(Beginning of Recorded information)

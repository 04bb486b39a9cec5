-- ===== src/Vma/Alloc.antt =====
-- What the steps of `vma_alloc` and `vma_destroy_area` do to valid areas.
use kernel_legacy.Vma.{
  allocated, Area, page_size, page_align, is_free, area_at, put_at, vma_first_fit_alloc,
  vma_find_by_start, vma_split_area, vma_destroy_area, emptied, fits, choose,
}
use kernel_legacy.Vma.Tiling.{IsTiled, coalesced, coalesced_but, area_at-IsTiled, put_at-IsTiled}
use kernel_legacy.Vma.Merging.{
  head_free, coalesced-cons, vma_merge_area-IsTiled, coalesced-vma_merge_area,
}
use kernel_legacy.Vma.Lookup.{find_area-IsFirst}
use kernel_legacy.Prelude.{
  ℕ, zero, suc, ◌+◌, ◌-◌, ◌%◌, ◌^◌, ◌≤◌, ◌<◌, ◌≡◌, refl, sym, ◌∙◌, ◌≢◌, ◌⊎◌, inl, inr, Bool, true,
  false, not, ◌&&◌, Option, none, some, List, [], ◌∷◌, ◌++◌, arith, ltb, leb, ◌==◌, if◌then◌else◌,
  ==→eq, Bool-cases, Option-cases,
}

-- The areas tile the range, and no free area has a free neighbour.
abbrev pub IsValid : (lo hi : ℕ) → List Area → Type 0
IsValid lo hi l = IsTiled lo hi l × (coalesced l ≡ true)

-- whether a list of areas has at most one
abbrev pub at_most_one : List Area → Bool
at_most_one [] = true
at_most_one (a ∷ []) = true
at_most_one (a ∷ b ∷ rest) = false

coalesced_but-put_at :
    (l : List Area) (i : ℕ) (x : Area)
    → coalesced l ≡ true
    → coalesced_but (put_at l i (x ∷ [])) i ≡ true
coalesced_but-put_at [] i x c = refl
coalesced_but-put_at (a ∷ []) zero x c = refl
coalesced_but-put_at (a ∷ b ∷ rest) zero x c = ground arith
coalesced_but-put_at (a ∷ []) (suc i) x c = refl
coalesced_but-put_at (a ∷ b ∷ []) (suc zero) x c = refl
coalesced_but-put_at (a ∷ b ∷ d ∷ rest) (suc zero) x c = ground arith
coalesced_but-put_at (a ∷ b ∷ rest) (suc (suc i)) x c =
    let later = coalesced_but-put_at (b ∷ rest) (suc i) x in ground (arith, later)

head_free-put_at :
    (l : List Area) (i : ℕ) (x : Area) (left : List Area)
    → is_free x ≡ false
    → head_free (put_at l i (x ∷ left)) ≡ true
    → head_free l ≡ true
head_free-put_at [] i x left busy h = h
head_free-put_at (a ∷ rest) zero x left busy h = cc
head_free-put_at (a ∷ rest) (suc i) x left busy h = h

fewer_free :
    (f h c h' c' : Bool)
    → (not (f && h) && c) ≡ true
    → (h' ≡ true → h ≡ true)
    → (c ≡ true → c' ≡ true)
    → (not (f && h') && c') ≡ true
fewer_free false h c h' c' e less more = more e
fewer_free true true c h' c' e less more = cc
fewer_free true false c true c' e less more = cc (less refl)
fewer_free true false c false c' e less more = more e

behind_busy :
    (x : Area) (l : List Area) → is_free x ≡ false → coalesced l ≡ true → coalesced (x ∷ l) ≡ true
behind_busy x l busy c = rw (coalesced-cons x l, busy) c

-- behind a free area, what may stand in its place
other_free :
    (b : Area) (rest : List Area)
    → coalesced (b ∷ rest) ≡ true
    → is_free b ≡ true
    → (y : Area) → coalesced (y ∷ rest) ≡ true
other_free b rest c idle y = rw (coalesced-cons y rest) (
    any (head_free rest) (coalesced rest) (is_free y)
      (rw idle at (sym (coalesced-cons b rest) ∙ c)))
  where
    any : (h c f : Bool) → (not (true && h) && c) ≡ true → (not (f && h) && c) ≡ true
    any true c f e = cc
    any false c true e = e
    any false c false e = e

-- an area that is not free, and at most one behind it, in place of a free one
pub coalesced-put_at :
    (l : List Area) (i : ℕ) (a x : Area) (left : List Area)
    → coalesced l ≡ true
    → area_at l i ≡ some a
    → is_free a ≡ true
    → is_free x ≡ false
    → at_most_one left ≡ true
    → coalesced (put_at l i (x ∷ left)) ≡ true
coalesced-put_at [] i a x left c e idle busy one = refl
coalesced-put_at (b ∷ rest) zero a x left c e idle busy one =
    let same : b ≡ a = cc in
    let b_idle : is_free b ≡ true = rw same idle in go left one (other_free b rest c b_idle)
  where
    go :
        (left : List Area)
        → at_most_one left ≡ true
        → ((y : Area) → coalesced (y ∷ rest) ≡ true)
        → coalesced (x ∷ (left ++ rest)) ≡ true
    go [] one h = h x
    go (y ∷ []) one h = behind_busy x (y ∷ rest) busy (h y)
    go (y ∷ z ∷ left) one h = cc
coalesced-put_at (b ∷ rest) (suc i) a x left c e idle busy one =
    let split = coalesced-cons b rest in
    let later = coalesced-put_at rest i a x left in
    let head = head_free-put_at rest i x left busy in
    rw (coalesced-cons b (put_at rest i (x ∷ left))) (
      fewer_free (is_free b) (head_free rest) (coalesced rest) _ _ (sym split ∙ c) head
        (λ h. later h e idle busy one))

-- Destroying an area leaves the areas tiling their range, without two free neighbours: the freed
-- area is merged with those beside it.
pub vma_destroy_area-IsValid :
    (lo hi : ℕ) (l : List Area) (i : ℕ)
    → hi < 2 ^ 32
    → IsValid lo hi l
    → IsValid lo hi (vma_destroy_area l i).1
unfolding vma_destroy_area
vma_destroy_area-IsValid lo hi l i small (tiled, c) = elim (Option-cases (area_at l i)) [
  | inl missing ↦ rw (vma_destroy_area, missing) (tiled, c)
  | inr (a, found) ↦
      let (low, high, bytes, whole) = area_at-IsTiled lo hi l i a tiled found in
      let put =
        put_at-IsTiled lo hi l i a (emptied a ∷ []) tiled found (refl, bytes, whole, refl) in
      rw (vma_destroy_area, found)
        (
          vma_merge_area-IsTiled lo hi (put_at l i (emptied a ∷ [])) i small put,
          coalesced-vma_merge_area lo hi (put_at l i (emptied a ∷ [])) i small put
              (coalesced_but-put_at l i (emptied a) c),
        )
]

page_align_lem :
    (size n : ℕ)
    → 0 < size
    → size ≤ n
    → n % page_size ≡ 0
    → n < 2 ^ 32
    → (size ≤ page_align size) × (page_align size % page_size ≡ 0)
page_align_lem size n some_bytes le whole small = (omega arith, omega arith)

rest_lem :
    (taken n start : ℕ)
    → 0 < taken
    → taken < n
    → taken % page_size ≡ 0
    → n % page_size ≡ 0
    → start + n < 2 ^ 32
    → (0 < taken)
      × ((start + taken) % 2 ^ 32 ≡ start + taken)
      × (0 < n - taken)
      × ((n - taken) % page_size ≡ 0)
      × (start + taken + (n - taken) ≡ start + n)
rest_lem taken n start some_bytes lt pages whole small =
    (some_bytes, omega arith, omega arith, omega arith, omega arith)

-- What `vma_split_area` makes of a free area: nothing, or areas that tile its place, the first of
-- them not free and of the asked size.
pub split-cases :
    (node : Bool) (a : Area) (size : ℕ)
    → 0 < size
    → size ≤ a.size
    → 0 < a.size
    → a.size % page_size ≡ 0
    → a.start_vaddr + a.size < 2 ^ 32
    → (vma_split_area node a size ≡ none)
      ⊎ ((new : Area) × (left : List Area) × (vma_split_area node a size ≡ some (new, left))
          × IsTiled a.start_vaddr (a.start_vaddr + a.size) (new ∷ left)
          × (new.state ≡ allocated)
          × (at_most_one left ≡ true)
          × (new.size ≡ page_align size)
          × (size ≤ new.size))
unfolding vma_split_area
split-cases node a size some_bytes le bytes whole small =
    elim (Bool-cases (ltb a.size (page_align size))) [
      | inl large ↦ rw large (inl refl)
      | inr room ↦ elim (Bool-cases (page_align size == a.size)) [
        | inl exact ↦
            rw (room, exact)
              (inr
                (_, [], refl, (refl, bytes, whole, refl), refl, refl, ==→eq _ _ (ground arith), le))
        | inr part ↦ elim (Bool-cases node) [
          | inl memory ↦
              let (up, pages) = page_align_lem size a.size some_bytes le whole (omega arith) in
              let lt : page_align size < a.size = ground arith in
              let (t0, t1, t2, t3, t4) =
                rest_lem (page_align size) a.size a.start_vaddr (omega (arith, up)) lt pages whole
                  small in
              rw (room, part, memory)
                (inr (_, _, refl, (refl, t0, pages, (t1, t2, t3, t4)), refl, refl, refl, up))
          | inr full ↦ rw (room, part, full) (inl refl)
        ]
      ]
    ]

-- what `vma_alloc` has found where its search returns a position
abbrev pub IsUsable : List Area → (size i : ℕ) → Type 0
IsUsable l size i = (a : Area) × (area_at l i ≡ some a) × (is_free a ≡ true) × (size ≤ a.size)

fits-IsUsable :
    (l : List Area) (o : Option ℕ) (size i : ℕ)
    → fits l o size ≡ true
    → o ≡ some i
    → IsUsable l size i
fits-IsUsable l o size i good e =
    let here = rw e at good in
    elim (Option-cases (area_at l i)) [
      | inl missing ↦ absurd (cc (rw (fits, missing) at here))
      | inr (a, found) ↦
          let both = rw (fits, found) at here in
          (a, found, ground (arith, both), ground (arith, both))
    ]

pub choose-IsUsable :
    (l : List Area) (size hint i : ℕ) → choose l size hint ≡ some i → IsUsable l size i
unfolding choose vma_first_fit_alloc
choose-IsUsable l size hint i e =
    let hinted = if hint == 0 then none else vma_find_by_start hint l in
    elim (Bool-cases (fits l hinted size)) [
      | inl good ↦ fits-IsUsable l hinted size i good (rw good at e)
      | inr bad ↦
          let first = find_area-IsFirst (λ a. leb size a.size && is_free a) l in
          let (a, found, test, before) = rw (rw bad at e) at first in
          (a, found, ground (arith, test), ground (arith, test))
    ]

-- Where nothing is found, no free area is large enough.
pub choose-none :
    (l : List Area) (size hint : ℕ)
    → choose l size hint ≡ none
    → (i : ℕ) (a : Area) → area_at l i ≡ some a
    → is_free a ≡ true
    → a.size < size
unfolding choose vma_first_fit_alloc
choose-none l size hint e i a at idle =
    let hinted = if hint == 0 then none else vma_find_by_start hint l in
    elim (Bool-cases (fits l hinted size)) [
      | inl good ↦ absurd (fits-some l hinted size good (rw good at e))
      | inr bad ↦
          let first = find_area-IsFirst (λ a. leb size a.size && is_free a) l in
          let test = (rw (rw bad at e) at first) i a at in ground (arith, test, idle)
    ]
  where
    fits-some : (l : List Area) (o : Option ℕ) (size : ℕ) → fits l o size ≡ true → o ≢ none
    fits-some l none size h e = cc h
    fits-some l (some i) size h e = cc e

(End of Recorded information)

Activity:
Provide solely the number of lines in the data that include the word "good".

Exercise result:
4